Commentary Par XXXI 79-81

For the figural equation, Beatrice as Dante's 'Christ,' see Hollander (Holl.1969.1), p. 261.  After calling attention to the poet's last words to Virgil in the poem ([Purg XXX 51]), 'Virgilio a cui per mia salute die'mi' (Virgil, to whom I gave myself for my salvation), he then continues as follows, discussing this tercet: 'At Dante's beginnings we do well to have in mind his endings, and vice versa.  It is Beatrice, the figure of Christ, who brings Dante to salvation; it is Virgil who brings Dante to Beatrice.  Dante does not (and did not in the Vita nuova) use the word salute lightly.  His last words to Virgil give him the highest function anyone less than Christ can perform, and that is to bring another to Christ.'  In this vein, see Scott (Scot.1973.1), p. 570.  See also Iannucci (Iann.1995.2), p. 483 (citing his earlier article [Iann.1979.1]), who also notes Beatrice's Christlike attributes in this passage (as, once again, does Scott [Scot.2002.1], p. 486).  This has become more or less the standard interpretation of those considered by some in Italy to be part of a so-called scuola americana, 'the American school' (of Dante studies).  And see Pasquini (Pasq.2001.1), p. 254, remarking on the 'near-heterodoxy' of these verses.

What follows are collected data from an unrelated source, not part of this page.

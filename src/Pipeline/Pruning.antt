-- ===== src/Pipeline/Pruning.antt =====
-- verifier/pipeline/evaluate.go: the pruning of `liveAncestorsOf`, which drops the nodes that another
-- retained node implies.
use mathlib.Core.Option.{some-injective}
use zero_trust_service.Common.{
  ◌≡◌, refl, sym, ap, subst, ◌∙◌, ◌↔◌, ◌⊎◌, inl, inr, ℕ, zero, suc, ◌+◌, ◌≤◌, Bool, true, false,
  Option, some, List, [], ◌∷◌, All, All-imp, Elem, arith, get_elem?,
}
use zero_trust_service.Pipeline.Graph.{GraphNode, Pointer}
use zero_trust_service.Pipeline.Rank.{rank, IsNode, Below}
use zero_trust_service.Pipeline.Live.{keep_unless, prune_from, prune_nodes}
use zero_trust_service.Pipeline.Precedes.{Precedes, precedes_via_iff}
use zero_trust_service.Pipeline.Covering.{
  All-Elem, Precedes-trans, Precedes-rank, Covered, Marks, Marks-of, covered_from_iff,
}

-- What the loop keeps of the rest of the list.
abbrev Keeps : List Pointer → List Pointer → Option (List Pointer) → Type 0
Keeps nodes rest r =
    (kept : List Pointer) × (r ≡ some kept)
    × ((p : Pointer) → Elem p kept ↔ (Elem p rest × ¬ Covered nodes p))

module _ (root : GraphNode) where
  module _ (nodes : List Pointer) (in_graph : All (IsNode root) nodes) where
    keep_one :
        (a : Pointer) (rest : List Pointer) (x : Bool) {c : Option Bool} {r : Option (List Pointer)}
        → c ≡ some x
        → ((x ≡ true) ↔ Covered nodes a)
        → Keeps nodes rest r
        → Keeps nodes (a ∷ rest) (keep_unless a c r)
    keep_one a rest true e iff (kept, run, keeps) = (
      kept,
      rw (e, run) refl,
      λ p. (
        λ i. let (j, alone) = (keeps p).0 i in (inr j, alone),
        λ (i, alone). elim i [
          | inl same ↦ absurd (alone (subst (Covered nodes) same (iff.0 refl)))
          | inr j ↦ (keeps p).1 (j, alone)
        ],
      ),
    )
    keep_one a rest false e iff (kept, run, keeps) = (
      a ∷ kept,
      rw (e, run) refl,
      λ p. (
        λ i. elim i [
          | inl same ↦ (inl same, λ c. let h = iff.1 (subst (Covered nodes) (sym same) c) in cc)
          | inr j ↦ let (k, alone) = (keeps p).0 j in (inr k, alone)
        ],
        λ (i, alone). elim i [ inl same ↦ inl same | inr j ↦ inr ((keeps p).1 (j, alone)) ],
      ),
    )

    prune_from-Keeps :
        (i : ℕ) (rest : List Pointer)
        → ((k : ℕ) → get_elem? rest k ≡ get_elem? nodes (k + i))
        → All (IsNode root) rest
        → Keeps nodes rest (prune_from nodes i rest)
    unfolding prune_from
    prune_from-Keeps i [] at us = ([], refl, λ p. (λ j. absurd j, λ (j, alone). absurd j))
    prune_from-Keeps i (a ∷ rest) at (u, us) =
        let (x, run, iff) = covered_from_iff root a i 0 nodes u in_graph (marks at) in
        keep_one a rest x run iff (
          prune_from-Keeps (suc i) rest
            (λ k.
              let e : suc k + i ≡ k + suc i = omega arith in at (suc k) ∙ ap (get_elem? nodes) e)
            us)
      where
        marks :
            ((k : ℕ) → get_elem? (a ∷ rest) k ≡ get_elem? nodes (k + i)) → Marks root a i 0 nodes
        marks at = Marks-of root a i 0 nodes (λ k e b g.
            let e' : k ≡ 0 + i = omega arith in
            some-injective _ _ (sym g ∙ ap (get_elem? nodes) e' ∙ sym (at 0)))

  -- Pruning keeps exactly the nodes that precede no other of them.
  pub prune_nodes_iff :
      (nodes : List Pointer)
      → All (IsNode root) nodes
      → (kept : List Pointer) × (prune_nodes true nodes ≡ some kept)
        × ((p : Pointer) → Elem p kept ↔ (Elem p nodes × ¬ Covered nodes p))
  unfolding prune_nodes
  prune_nodes_iff [] us = ([], refl, λ p. (λ i. absurd i, λ (i, alone). absurd i))
  prune_nodes_iff (a ∷ []) (u, us) = (
    a ∷ [],
    refl,
    λ p. (λ i. (i, λ (b, j, k). elim i [ inl e ↦ alone e j k | inr e ↦ absurd e ]), λ (i, _). i),
  )
    where
      alone : {p b : Pointer} → a ≡ p → Elem b (a ∷ []) → Precedes p b → ⊥
      alone {p} e (inl f) k =
          let q : Precedes a a = subst (λ n. Precedes n a) (sym e) (subst (Precedes p) (sym f) k) in
          omega (arith, Precedes-rank root u q)
      alone e (inr f) k = absurd f
  prune_nodes_iff (a ∷ b ∷ rest) us =
      prune_from-Keeps (a ∷ b ∷ rest) us 0 (a ∷ b ∷ rest)
        (λ k. let e : k ≡ k + 0 = omega arith in ap (get_elem? (a ∷ b ∷ rest)) e) us

  Covered-dec :
      (p : Pointer) (nodes : List Pointer)
      → IsNode root p
      → All (IsNode root) nodes
      → Covered nodes p ⊎ ¬ Covered nodes p
  Covered-dec p [] u us = inr (λ (b, i, k). absurd i)
  Covered-dec p (n ∷ nodes) u (v, us) =
      let (x, _, iff) = precedes_via_iff root p u n v in decide x iff (Covered-dec p nodes u us)
    where
      decide :
          (x : Bool)
          → ((x ≡ true) ↔ Precedes p n)
          → Covered nodes p ⊎ ¬ Covered nodes p
          → Covered (n ∷ nodes) p ⊎ ¬ Covered (n ∷ nodes) p
      decide true iff rest = inl (n, inl refl, iff.0 refl)
      decide false iff (inl (b, i, k)) = inl (b, inr i, k)
      decide false iff (inr alone) = inr (λ (b, i, k). elim i [
        | inl e ↦ let h = iff.1 (subst (Precedes p) (sym e) k) in cc
        | inr j ↦ alone (b, j, k)
      ])

  module _ (m : ℕ) (nodes kept : List Pointer) (below : All (Below root m) nodes)
      (keeps : (p : Pointer) → Elem p kept ↔ (Elem p nodes × ¬ Covered nodes p)) where
    nodes_in_graph : All (IsNode root) nodes
    nodes_in_graph = All-imp (Below root m) (IsNode root) nodes (λ p b. b.1) below

    kept_or_implied_within :
        (d : ℕ) (p : Pointer) → m ≤ rank p + d → Elem p nodes → Elem p kept ⊎ Covered kept p
    kept_or_implied_within zero p h i =
        let b = All-Elem (Below root m) nodes p below i in absurd (omega (arith, b.0))
    kept_or_implied_within (suc d) p h i =
        let u = All-Elem (Below root m) nodes p below i in
        elim (Covered-dec p nodes u.1 nodes_in_graph) [
          | inr alone ↦ inl ((keeps p).1 (i, alone))
          | inl (b, j, k) ↦
              let v = All-Elem (Below root m) nodes b below j in
              let less = Precedes-rank root v.1 k in
              elim (kept_or_implied_within d b (omega (arith, less)) j) [
                | inl stays ↦ inr (b, stays, k)
                | inr (c, stays, k') ↦ inr (c, stays, Precedes-trans k k')
              ]
        ]

    -- Pruning loses nothing: a node that is dropped precedes one that stays.
    pub kept_or_implied : (p : Pointer) → Elem p nodes → Elem p kept ⊎ Covered kept p
    kept_or_implied p i = kept_or_implied_within m p (omega arith) i
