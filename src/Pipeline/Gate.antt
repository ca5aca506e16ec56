-- ===== src/Pipeline/Gate.antt =====
-- verifier/pipeline/evaluate.go: what `liveAncestorsOf` returns, against the nodes behind the step.
use zero_trust_service.Common.{
  ◌≡◌, refl, ◌↔◌, ◌⊎◌, inl, inr, String, Bool, true, false, some, List, [], ◌∷◌, All, Elem, map,
  arith,
}
use zero_trust_service.Pipeline.Violations.{ConditionFunc, ConditionUnknownViolation}
use zero_trust_service.Pipeline.Graph.{GraphNode, Pointer}
use zero_trust_service.Pipeline.Climb.{preds}
use zero_trust_service.Pipeline.Rank.{rank, IsNode, Below}
use zero_trust_service.Pipeline.Descent.{preds-Below}
use zero_trust_service.Pipeline.Resolve.{live_ancestor}
use zero_trust_service.Pipeline.Behind.{Runs, Unknown, Behind, direct, over}
use zero_trust_service.Pipeline.Live.{Live, prune_nodes, live_ancestors_of}
use zero_trust_service.Pipeline.Frontier.{Distinct, frontier_iff, frontier_nodes}
use zero_trust_service.Pipeline.Precedes.{Precedes}
use zero_trust_service.Pipeline.Covering.{All-Elem, Covered}
use zero_trust_service.Pipeline.Pruning.{prune_nodes_iff, kept_or_implied}

module _ (cond : ConditionFunc) (target : Pointer) where
  -- The nodes that a step waits for.
  abbrev pub Gates : Pointer → Type 0
  Gates p = Behind cond target p × Runs cond p

  -- With pruning, a node is left out that precedes another one.
  abbrev pub Required : Bool → Pointer → Type 0
  Required false p = Gates p
  Required true p = Gates p × ¬ ((b : Pointer) × Gates b × Precedes p b)

module _ (root : GraphNode) (cond : ConditionFunc) (target : Pointer)
    (in_graph : IsNode root target) where
  pub Behind-Below : {p : Pointer} → Behind cond target p → Below root (rank target) p
  Behind-Below (direct p i) =
      All-Elem (Below root (rank target)) (preds target) p (preds-Below root target in_graph) i
  Behind-Below (over p q k d i) =
      let (less, in_graph_p) = Behind-Below k in
      let (less', in_graph_q) =
        All-Elem (Below root (rank p)) (preds p) q (preds-Below root p in_graph_p) i in
      (omega arith, in_graph_q)

  All-of : (P : Pointer → Type 0) (ps : List Pointer) → ((p : Pointer) → Elem p ps → P p) → All P ps
  All-of P [] h = tt
  All-of P (p ∷ ps) h = (h p (inl refl), All-of P ps (λ q i. h q (inr i)))

  nodes-IsNode :
      (nodes : List Pointer)
      → ((p : Pointer) → Elem p nodes → Gates cond target p)
      → All (IsNode root) nodes
  nodes-IsNode nodes h = All-of (IsNode root) nodes (λ p i. (Behind-Below (h p i).0).1)

  -- Pruning ends, and keeps the nodes that are required.
  prune_nodes-Required :
      (prune : Bool) (nodes : List Pointer)
      → ((p : Pointer) → Elem p nodes → Gates cond target p)
      → (kept : List Pointer) × (prune_nodes prune nodes ≡ some kept)
        × (((p : Pointer) → Gates cond target p → Elem p nodes)
            → (p : Pointer) → Elem p kept ↔ Required cond target prune p)
  prune_nodes-Required false nodes h = (nodes, unfold prune_nodes in refl, λ all p. (h p, all p))
  prune_nodes-Required true nodes h =
      let (kept, run, iff) = prune_nodes_iff root nodes (nodes-IsNode nodes h) in
      (
        kept,
        run,
        λ all p. (
          λ i.
              let (j, alone) = (iff p).0 i in (h p j, λ (b, k, before). alone (b, all b k, before)),
          λ (k, alone). (iff p).1 (all p k, λ (b, j, before). alone (b, h b j, before)),
        ),
      )

  Required-or_implied :
      Distinct cond target
      → (p : Pointer) → Behind cond target p
      → Runs cond p
      → Required cond target true p ⊎ ((b : Pointer) × Required cond target true b × Precedes p b)
  Required-or_implied distinct p k runs =
      let (st, _, iff, _) = frontier_iff (λ s. s) cond root target in_graph distinct in
      let sound = λ (q : Pointer). (iff q).0 in
      let (kept, _, keeps) = prune_nodes_iff root st.nodes (nodes-IsNode st.nodes sound) in
      let below = All-of (Below root (rank target)) st.nodes (λ q i. Behind-Below (sound q i).0) in
      elim (kept_or_implied root (rank target) st.nodes kept below keeps p ((iff p).1 (k, runs))) [
        | inl stays ↦ inl (required st.nodes kept iff keeps p stays)
        | inr (b, stays, before) ↦ inr (b, required st.nodes kept iff keeps b stays, before)
      ]
    where
      required :
          (nodes kept : List Pointer)
          → ((q : Pointer) → Elem q nodes ↔ Gates cond target q)
          → ((q : Pointer) → Elem q kept ↔ (Elem q nodes × ¬ Covered nodes q))
          → (q : Pointer) → Elem q kept
          → Required cond target true q
      required nodes kept iff keeps q i =
          let (j, alone) = (keeps q).0 i in
          ((iff q).0 j, λ (b, gates, before). alone (b, (iff b).1 gates, before))

  module _ (quote : String → String) (raw : String) where
    -- The walks end on the fuel that they are given.
    pub live_ancestors_of-some :
        (prune : Bool) → (live : Live) × (live_ancestors_of quote target raw cond prune ≡ some live)
    unfolding live_ancestors_of
    live_ancestors_of-some prune =
        let (st, run, sound) = frontier_nodes quote cond root target in_graph in
        let (kept, run', _) = prune_nodes-Required prune st.nodes sound in
        ((map (live_ancestor target raw) kept, st.unknowns), rw (run, run') refl)

    -- Where no two of the nodes behind a node of the graph share an FQN, the walk to its live ancestors
    -- ends. Behind it stand its predecessors, and the predecessors of each node behind it that never
    -- runs. The ancestors that the walk gives are the nodes behind it that run: all of them, or, where
    -- it prunes, those that precede no other of them. The unknown violations that it gives are those
    -- of the nodes behind it of which it is not known whether they run.
    pub live_ancestors_of_iff :
        (prune : Bool)
        → Distinct cond target
        → (nodes : List Pointer) × (unknowns : List ConditionUnknownViolation) × (live_ancestors_of
              quote target raw cond prune
            ≡ some (map (live_ancestor target raw) nodes, unknowns))
          × ((p : Pointer) → Elem p nodes ↔ Required cond target prune p)
          × ((u : ConditionUnknownViolation)
              → Elem u unknowns ↔ ((p : Pointer) × Behind cond target p × Unknown quote cond p u))
    unfolding live_ancestors_of
    live_ancestors_of_iff prune distinct =
        let (st, run, iff, unknown_iff) = frontier_iff quote cond root target in_graph distinct in
        let (kept, run', required) = prune_nodes-Required prune st.nodes (λ p. (iff p).0) in
        (kept, st.unknowns, rw (run, run') refl, required (λ p. (iff p).1), unknown_iff)

    -- Pruning loses nothing. Where no two of the nodes behind the step share an FQN, the walk with
    -- pruning ends, and each node behind the step that runs is one of the ancestors that the walk
    -- gives, or precedes, through nodes that wait for all of theirs, one of them.
    pub live_ancestors_of_covers :
        Distinct cond target
        → (nodes : List Pointer) × (unknowns : List ConditionUnknownViolation) × (live_ancestors_of
              quote target raw cond true
            ≡ some (map (live_ancestor target raw) nodes, unknowns))
          × ((p : Pointer)
              → Behind cond target p
              → Runs cond p
              → Elem p nodes ⊎ ((b : Pointer) × Elem b nodes × Precedes p b))
    live_ancestors_of_covers distinct =
        let (nodes, unknowns, run, iff, _) = live_ancestors_of_iff true distinct in
        (
          nodes,
          unknowns,
          run,
          λ p k runs. elim (Required-or_implied distinct p k runs) [
            | inl r ↦ inl ((iff p).1 r)
            | inr (b, r, before) ↦ inr (b, (iff b).1 r, before)
          ],
        )
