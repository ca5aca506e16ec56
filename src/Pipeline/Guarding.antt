-- ===== src/Pipeline/Guarding.antt =====
-- verifier/pipeline/graph.go: the guards that `Resolve` gathers for a step.
use mathlib.Core.Option.{some-injective}
use zero_trust_service.Common.{
  ◌≡◌, refl, subst, ◌↔◌, ◌⊎◌, inl, inr, ℕ, zero, suc, Bool, true, false, Option, none, some, List,
  [], ◌∷◌, ◌++◌, All, if◌then◌else◌, All-append,
}
use zero_trust_service.Pipeline.Model.{When}
use zero_trust_service.Pipeline.Graph.{GraphNode, Pointer, info, children, is_rollback}
use zero_trust_service.Pipeline.Climb.{climb, terminal_at, with_guard}
use zero_trust_service.Pipeline.Resolve.{guard_of}
use zero_trust_service.Pipeline.Standing.{Above, entered, further}

module _ (P : When → Type 0) where
  with_guard_iff :
      (o : Option When) (conds : List When)
      → All P (with_guard o conds) ↔ (All P conds × ((w : When) → o ≡ some w → P w))
  with_guard_iff none conds = (λ h. (h, λ w e. absurd (cc)), λ h. h.0)
  with_guard_iff (some v) conds = (
    λ h. let (a, b) = split conds h in (a, λ w e. subst P (some-injective _ _ e) b),
    λ (a, h). All-append P conds (v ∷ []) a (h v refl, tt),
  )
    where
      split : (cs : List When) → All P (cs ++ v ∷ []) → All P cs × P v
      split [] (h, _) = (tt, h)
      split (c ∷ cs) (h, hs) = let (a, b) = split cs hs in ((h, a), b)

  -- The guards that the climb gathers, on whether the node is the root of a rollback, whether its
  -- parent is concurrent, and its index.
  one_climb :
      (n parent : GraphNode) (up : Pointer) (conds : List When) (b c : Bool) (i : ℕ)
      (above : List When → List Pointer × List When) (x : List Pointer) (y : ℕ → List Pointer)
      → is_rollback n ≡ b
      → (info parent).concurrent ≡ c
      → (info n).index ≡ i
      → ((cs : List When)
          → All P (above cs).1 ↔ (All P cs × ((w : When) → Above (parent ∷ up) w → P w)))
      → All P
          (if b
            then (x, conds)
            else if c
            then above (if c then conds else with_guard (info parent).guard conds)
            else elim i [
              | zero ↦ above (if c then conds else with_guard (info parent).guard conds)
              | suc j ↦ (y j, conds)
            ]).1
        ↔ (All P conds × ((w : When) → Above (n ∷ parent ∷ up) w → P w))
  one_climb n parent up conds true c i above x y eb ec ei ih =
      (λ h. (h, λ w a. elim a [ entered f _ _ _ ↦ cc | further f _ _ ↦ cc ]), λ h. h.0)
  one_climb n parent up conds false true i above x y eb ec ei ih = (
    λ h.
        let (k, rest) = (ih conds).0 h in
        (k, λ w a. elim a [ entered _ f _ _ ↦ cc | further _ _ r ↦ rest w r ]),
    λ (k, rest). (ih conds).1 (k, λ w r. rest w (further eb (inl ec) r)),
  )
  one_climb n parent up conds false false zero above x y eb ec ei ih = (
    λ h.
        let (k, rest) = (ih (with_guard (info parent).guard conds)).0 h in
        let (k', own) = (with_guard_iff (info parent).guard conds).0 k in
        (k', λ w a. elim a [ entered _ _ _ e ↦ own w e | further _ _ r ↦ rest w r ]),
    λ (k, rest). (ih (with_guard (info parent).guard conds)).1 (
      (with_guard_iff (info parent).guard conds).1 (k, λ w e. rest w (entered eb ec ei e)),
      λ w r. rest w (further eb (inr ei) r),
    ),
  )
  one_climb n parent up conds false false (suc i) above x y eb ec ei ih = (
    λ h. (
      h,
      λ w a. elim a [ entered _ _ f _ ↦ cc | further _ f _ ↦ elim f [ inl g ↦ cc | inr g ↦ cc ] ],
    ),
    λ h. h.0,
  )

  climb_iff :
      (p : Pointer) (conds : List When)
      → All P (climb p conds).1 ↔ (All P conds × ((w : When) → Above p w → P w))
  unfolding climb
  climb_iff [] conds = (λ h. (h, λ w a. absurd (nothing a)), λ h. h.0)
    where
      nothing : {w : When} → ¬ Above [] w
      nothing a = elim a [ ]
  climb_iff (n ∷ []) conds = (λ h. (h, λ w a. absurd (nothing a)), λ h. h.0)
    where
      nothing : {w : When} → ¬ Above (n ∷ []) w
      nothing a = elim a [ ]
  climb_iff (n ∷ parent ∷ up) conds =
      one_climb n parent up conds (is_rollback n) (info parent).concurrent (info n).index
        (climb (parent ∷ up)) _ (λ j. terminal_at j (children parent) (parent ∷ up)) refl refl refl
        (climb_iff (parent ∷ up))

  -- The guards that `Resolve` gives.
  pub conditions_iff :
      (p : Pointer)
      → All P (climb p (with_guard (guard_of p) [])).1
        ↔ ((w : When) → (guard_of p ≡ some w) ⊎ Above p w → P w)
  conditions_iff p =
      let (to, from) = climb_iff p (with_guard (guard_of p) []) in
      let (own, both) = with_guard_iff (guard_of p) [] in
      (
        λ h w k. elim k [ inl e ↦ (own (to h).0).1 w e | inr a ↦ (to h).1 w a ],
        λ h. from (both (tt, λ w e. h w (inl e)), λ w a. h w (inr a)),
      )
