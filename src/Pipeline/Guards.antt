-- ===== src/Pipeline/Guards.antt =====
-- verifier/pipeline/evaluate.go: when the guards of a step give no violation.
use zero_trust_service.Common.{
  ◌≡◌, refl, ◌↔◌, String, Bool, true, false, List, [], ◌∷◌, All, append-eq-nil_iff,
}
use zero_trust_service.Fault.{Result, ok, err}
use zero_trust_service.Pipeline.Model.{When}
use zero_trust_service.Pipeline.Violations.{ConditionFunc, EvalOptions}
use zero_trust_service.Pipeline.Gates.{judge_guard, condition_violations}

module _ (quote : String → String) (eo : EvalOptions) (fqn : String) where
  judge_guard-eq-nil_iff :
      (w : When) (r : Result Bool) → (judge_guard quote eo fqn w r ≡ []) ↔ (r ≡ ok true)
  unfolding judge_guard
  judge_guard-eq-nil_iff w (err e) = (λ h. cc, λ h. cc)
  judge_guard-eq-nil_iff w (ok true) = (λ h. refl, λ h. refl)
  judge_guard-eq-nil_iff w (ok false) = (λ h. cc, λ h. cc)

  -- The guards of a step give no violation exactly when each of them evaluates and holds.
  pub condition_violations-eq-nil_iff :
      (conds : List When) (cond : ConditionFunc)
      → ((condition_violations quote eo fqn conds cond).1 ≡ []) ↔ All (λ w. cond w ≡ ok true) conds
  unfolding condition_violations
  condition_violations-eq-nil_iff [] cond = (λ h. tt, λ h. refl)
  condition_violations-eq-nil_iff (w ∷ conds) cond =
      let (split, glue) = append-eq-nil_iff (judge_guard quote eo fqn w (cond w)) _ in
      let (holds, gives) = judge_guard-eq-nil_iff w (cond w) in
      let (all, none_of) = condition_violations-eq-nil_iff conds cond in
      (λ h. let (p, q) = split h in (holds p, all q), λ (p, q). glue (gives p, none_of q))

To be honest, this reading seems so obvious that one feels apologetic for harping on it.  However, to understand what blinders Dantists accustomed themselves to wearing whenever they came near the border of so 'blasphemous' a theologized poetic for the poem, see the allegorizing glosses of such as Benvenuto da Imola (comm. to this tercet).  In his reading (and he is far from being alone in it), Beatrice becomes 'theology' who comes down to this 'hell on earth' (our world, not Limbo) in order to bring her message to all mortals (including, we assume, Dante Alighieri).  This is so flagrantly wrongheaded that one has to admire Benvenuto at least for his stubbornness in not yielding to a Christological interpretation of Beatrice nor to a personal one of Dante, who, in his treatment, is only a stand-in for all humankind.  This, one of the most personal moments of the Commedia, is thus turned into a kind of simple-minded version of an uplifting moral tale, one only implausibly attributed to the genius of Dante.  Reviewing responses to this passage in the DDP, one finds the word 'Christ' only in Singleton's commentary (DDP Singleton.Par.XXXI.91) of 1975.  How did (or does) anyone read this passage and not think of Christ's descent into Hell and His subsequent harrowing of the Hebrew saints?  However, not even Giacalone, the first commentator who presents himself as a follower of the figural interpretation sponsored first by Auerbach (cited by him in 56 glosses) and then by Singleton (cited in 25), responds as one might have expected he would to this provocation.  It is surely more shocking that Singleton, who only mentions Auerbach once in his commentary, not even on that occasion (his gloss to [Purg XII 40-42]) refers to Auerbach's discussions of Dante's figural technique (something Singleton never did in any of his publications; see Hollander [Holl.2001.1], p. 38).  Talk about Harold Bloom's 'anxiety of influence'!